My front lawn is getting bald in many places.  Had a load of mixed soil (with mulch/wood shavings/small stones mixed in)  delivered last month and spread it out.  A few blades of grass are poking through.   I've been looking into ground covers that might give a green look and be a little less temperamental then grass.  (And subdivision rules don't allow sand and cactus as an option... lol)   Haven't come up with an answer yet.  
Anyone with ideas, would love to hear them.


----------



## Anne (Jun 23, 2013)

I agree that fall planting is best, as we've struggled for years getting grass to grow, and finally have a fairly nice lawn.  Planting in fall, covering with straw seemed to work best.   One thing that does well is clover, if you don't mind that in the lawn.


----------



## SeaBreeze (Jun 23, 2013)

Thanks That Guy and Boo's Mom.  I bought some top soil, compost and mulch earlier this week, but my husband, like you, recommended that I wait until fall.  Since these are supposed to be hot weather seeds and drought tolerant, I figured it would be okay/preferred to plant now.  Fact is though, it's been super hot and dry and sunny...go gonna wait until late September.  I've been looking for years also for an inexpensive and durable alternative.  One year I planted clover in some areas, that did pretty well for a couple of years, but I guess it needs to be replanted over and over again.  Also, wasn't an ideal choice in the dog potty areas.


----------



## JustBonee (Jun 23, 2013)

Anne said:


> I agree that fall planting is best, as we've struggled for years getting grass to grow, and finally have a fairly nice lawn.  Planting in fall, covering with straw seemed to work best.   One thing that does well is clover, if you don't mind that in the lawn.



Does clover bring on a bee problem?   I've heard that.  
I've seen ground covers that are for drought conditions, but they all flower too much for what i want.  Just want a 'green look', and something that you don't have to mow much.  I know, I want a lot!


----------



## SeaBreeze (Jun 23, 2013)

Thinking back on it, the bees were attracted to the flowers, but since nobody's allergic to bee stings here, it wasn't much of a concern. :bee:


----------



## Anne (Jun 23, 2013)

Boo's Mom said:


> Does clover bring on a bee problem?   I've heard that.
> I've seen ground covers that are for drought conditions, but they all flower too much for what i want.  Just want a 'green look', and something that you don't have to mow much.  I know, I want a lot!




It does to a point, but with the garden, we don't mind the bees - though, it seems we rarely see bees anymore, even with the clover.


----------



## That Guy (Jun 23, 2013)

Anne said:


> It does to a point, but with the garden, we don't mind the bees - though, it seems we rarely see bees anymore, even with the clover.

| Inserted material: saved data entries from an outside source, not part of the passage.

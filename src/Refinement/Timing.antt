-- ===== src/Refinement/Timing.antt =====
-- src/cpu/cpu6502.cpp: how many T-states an instruction takes, against the manual's cycle counts.
use sys.Base.{
  ◌*◌, ◌≤◌, ◌≢◌, ◌⊎◌, ℕ, zero, suc, ◌+◌, ◌-◌, ◌≡◌, refl, sym, ◌∙◌, ap, arith, Bool, true, false,
  ◌&&◌, none, some, inl, inr, IsByte,
}
use sys.Base.Tables.{all_below, all_below_sound}
use sys.Cpu.Binary.{commit_binary_alu_result}
use sys.Cpu.Commit.{commit}
use sys.Cpu.Capture.{capture}
use sys.Cpu.Clock.{settle, tick_to_boundary}
use sys.Cpu.Cycle.{
  fetch, IsBetween, ticks_for, tick_to_boundary-fetch, finish, cycle_of, finish_stops,
  finish_goes_on, capture_step,
}
use sys.Cpu.Handler.{Handler}
use sys.Cpu.Move.{commit_load_result}
use sys.Cpu.State.{Cpu, CpuStep, new_cpu, high, low}
use sys.Cpu.Unary.{commit_unary_alu_flags}
use sys.Refinement.Routing.{handler_of, routed}
use sys.Isa.Cycles.{
  base_cycles, extra_cycles, read_cycles, store_cycles, modify_cycles, control_cycles,
}
use sys.Isa.Decode.{decode}
use sys.Isa.Instr.{Instr, Mode, binary, unary, load, store, control}
use sys.Memory.Interface.{BusAccess, ReadsBytes}

-- A bus with nothing on it: the order of the T-states does not depend on the memory.
instance abbrev nothing : BusAccess Unit
nothing = record { read = λ m addr. (0, m); write = λ m addr val. m }

-- The T-state that a commit goes on to, by the two latches that decide it.
unfoldable pub after : Handler → CpuStep → Bool → Bool → CpuStep
after h step crossed taken =
    (commit h (record (new_cpu tt) {
      cpu_step = step;
      page_crossed = crossed;
      branch_taken = taken;
    })).cpu_step

module _ {M : Type 0} ⦃access : BusAccess M⦄ where
  commit_step :
      (h : Handler) (s : Cpu M)
      → (commit h s).cpu_step ≡ after h s.cpu_step s.page_crossed s.branch_taken
  unfolding commit commit_binary_alu_result commit_unary_alu_flags commit_load_result after new_cpu
  commit_step Handler.nop s = ground arith
  commit_step _ s = ground arith

-- A test at each setting of the two latches.
every_way : (Bool → Bool → Bool) → Bool
every_way p = p true true && (p true false && (p false true && p false false))

every_way_sound :
    (p : Bool → Bool → Bool) → every_way p ≡ true → (crossed taken : Bool) → p crossed taken ≡ true
unfolding every_way
every_way_sound p e true true = ground arith
every_way_sound p e true false = ground arith
every_way_sound p e false true = ground arith
every_way_sound p e false false = ground arith

-- What is left to check once a T-state has chosen the next: `over` at T0, the rest elsewhere.
unfoldable choose : Bool → Bool → CpuStep → Bool
choose over rest CpuStep.t0 = over
choose over rest _ = rest

-- No way through the handler is at its end within so many T-states.
pub busy : ℕ → Handler → CpuStep → Bool
busy zero h step = true
busy (suc n) h step = every_way λ crossed taken.
    let next = after h step crossed taken in let rest = busy n h next in choose false rest next

-- Every way through the handler is.
pub done : ℕ → Handler → CpuStep → Bool
done zero h step = false
done (suc n) h step = every_way λ crossed taken.
    let next = after h step crossed taken in let rest = done n h next in choose true rest next

choose_busy :
    (rest : Bool) (step : CpuStep)
    → choose false rest step ≡ true
    → (step ≢ CpuStep.t0) × (rest ≡ true)
unfolding choose
choose_busy rest step e = ground arith

choose_done :
    (rest : Bool) (step : CpuStep)
    → choose true rest step ≡ true
    → (step ≡ CpuStep.t0) ⊎ ((step ≢ CpuStep.t0) × (rest ≡ true))
unfolding choose
choose_done rest step e = ground arith

busy-suc :
    (n : ℕ) (h : Handler) (step : CpuStep) (crossed taken : Bool)
    → busy (suc n) h step ≡ true
    → (after h step crossed taken ≢ CpuStep.t0) × (busy n h (after h step crossed taken) ≡ true)
unfolding busy
busy-suc n h step crossed taken e =
    let next = after h step crossed taken in
    choose_busy (busy n h next) next (every_way_sound _ e crossed taken)

done-suc :
    (n : ℕ) (h : Handler) (step : CpuStep) (crossed taken : Bool)
    → done (suc n) h step ≡ true
    → (after h step crossed taken ≡ CpuStep.t0)
      ⊎ ((after h step crossed taken ≢ CpuStep.t0) × (done n h (after h step crossed taken) ≡ true))
unfolding done
done-suc n h step crossed taken e =
    let next = after h step crossed taken in
    choose_done (done n h next) next (every_way_sound _ e crossed taken)

module _ {M : Type 0} ⦃access : BusAccess M⦄ where
  pub next_step :
      (h : Handler) (s : Cpu M)
      → (cycle_of h s).cpu_step
        ≡ after h s.cpu_step
            (capture h (settle high s)).page_crossed
            (capture h (settle high s)).branch_taken
  unfolding cycle_of settle
  next_step h s =
      let t = capture h (settle high s) in
      commit_step h (settle low t)
      ∙ ap (λ (step : CpuStep). after h step t.page_crossed t.branch_taken)
          (capture_step h (settle high s))

  pub finish-busy :
      (n : ℕ) (h : Handler) (s : Cpu M) → busy n h s.cpu_step ≡ true → finish n h s ≡ none
  finish-busy zero h s e = unfold finish in refl
  finish-busy (suc n) h s e =
      let t = capture h (settle high s) in
      let (on, rest) = busy-suc n h s.cpu_step t.page_crossed t.branch_taken e in
      let step = next_step h s in
      finish_goes_on n h s (λ q. on (sym step ∙ q))
      ∙ finish-busy n h (cycle_of h s) (ap (busy n h) step ∙ rest)

  pub finish-done :
      (n : ℕ) (h : Handler) (s : Cpu M)
      → done n h s.cpu_step ≡ true
      → (t : Cpu M) × (finish n h s ≡ some t)
  finish-done zero h s e = absurd (unfold done in cc)
  finish-done (suc n) h s e =
      let t = capture h (settle high s) in
      let step = next_step h s in
      elim (done-suc n h s.cpu_step t.page_crossed t.branch_taken e) [
        | inl over ↦ (cycle_of h s, finish_stops n h s (step ∙ over))
        | inr (on, rest) ↦
            let (u, ends) = finish-done n h (cycle_of h s) (ap (done n h) step ∙ rest) in
            (u, finish_goes_on n h s (λ q. on (sym step ∙ q)) ∙ ends)
      ]

-- An instruction in time: not at its end one T-state before the manual's count, and at its end
-- after that and the manual's extra cycles. The fetch is the first of them.
in_time : ℕ → Bool
in_time n =
    let h = handler_of (decode n) in
    busy (base_cycles (decode n) - 2) h CpuStep.t1
    && done (base_cycles (decode n) + extra_cycles (decode n) - 1) h CpuStep.t1

timetable : all_below 256 in_time ≡ true
unfolding all_below in_time busy done every_way choose after commit new_cpu decode base_cycles
    extra_cycles
timetable = refl

pub in_time-bounds :
    (n : ℕ)
    → IsByte n
    → (busy (base_cycles (decode n) - 2) (handler_of (decode n)) CpuStep.t1 ≡ true)
      × (done
            (base_cycles (decode n) + extra_cycles (decode n) - 1)
            (handler_of (decode n))
            CpuStep.t1
          ≡ true)
unfolding in_time
in_time-bounds n h = let e = all_below_sound 256 in_time n timetable h in ground (arith, e)

pub four_ticks : (n : ℕ) → ticks_for n ≡ 4 * n
unfolding ticks_for
four_ticks zero = refl
four_ticks (suc n) = omega (arith, four_ticks n)

read-two : (mode : Mode) → 2 ≤ read_cycles mode
unfolding read_cycles
read-two mode = ground arith

pub two : (i : Instr) → 2 ≤ base_cycles i
unfolding base_cycles store_cycles modify_cycles control_cycles
two (binary op mode) = read-two mode
two (load reg mode) = read-two mode
two (store reg mode) = ground (arith, read-two mode)
two (unary op place) = ground arith
two (control op) = ground arith
two i = ground arith

module _ {M : Type 0} ⦃access : BusAccess M⦄ where
  -- From between two instructions, with a memory whose reads give bytes, an instruction takes
  -- the manual's number of cycles, with four ticks to each: one cycle earlier it is not at its
  -- end, and after the cycles that a page crossing or a branch adds at most, it is.
  pub execute_instruction-cycles :
      (s : Cpu M)
      → ReadsBytes access
      → IsBetween s
      → (tick_to_boundary (4 * (base_cycles (decode (access.read s.bus s.pc).0) - 1)) s ≡ none)
        × ((t : Cpu M) × (tick_to_boundary
                (4
                  * (base_cycles (decode (access.read s.bus s.pc).0)
                      + extra_cycles (decode (access.read s.bus s.pc).0)))
                s
              ≡ some t))
  execute_instruction-cycles s bytes v =
      let n = (access.read s.bus s.pc).0 in
      let h = handler_of (decode n) in
      let least = base_cycles (decode n) in
      let most = least + extra_cycles (decode n) in
      let (c, d, _) = routed n (bytes s.bus s.pc) in
      let (early, late) = in_time-bounds n (bytes s.bus s.pc) in
      let fetched : (fetch s).cpu_step ≡ CpuStep.t1 = unfold fetch in refl in
      let (t, ends) = finish-done (most - 1) h (fetch s) (ap (done (most - 1) h) fetched ∙ late) in
      let in_least : 4 * (least - 1) ≡ ticks_for (suc (least - 2)) =
        omega (arith, two (decode n), four_ticks (suc (least - 2))) in
      let in_most : 4 * most ≡ ticks_for (suc (most - 1)) =
        omega (arith, two (decode n), four_ticks (suc (most - 1))) in
      (
        ap (λ (k : ℕ). tick_to_boundary k s) in_least
            ∙ tick_to_boundary-fetch (least - 2) h s v c d
            ∙ finish-busy (least - 2) h (fetch s) (ap (busy (least - 2) h) fetched ∙ early),
        (
          t,
          ap (λ (k : ℕ). tick_to_boundary k s) in_most
              ∙ tick_to_boundary-fetch (most - 1) h s v c d
              ∙ ends,
        ),
      )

Honey bees have been in serious decline.  They really are sweet little guys and I work in the garden around them and they don't bother you if you don't bother them.  Wasps are another thing altogether but don't think they are interested in clover.  There are many different types of clover and some can be invasive and others a good cover crop.  A good seed catalogue can recommend the best grasses for a specific area and/or purpose.


----------



## Pappy (Jun 24, 2013)

Bugs do not normally bother me too much. A couple of years ago, I felt something on my side and took a swipe at it. In Florida we have mahogany wasp and boy do they hurt when they sting. It was, it stung, it hurt like hell and hurt for 2 or 3 days more.
i do keep an eye out for these guys now.


----------



## JustBonee (Jun 24, 2013)

I have nothing against honey bees. Not at all.  Yes, do know they are in decline, and that we need them... just don't want to be stepping on them on the lawn.
As for those pesky wasps, why aren't their numbers declining?
Have been stung a time or two.


----------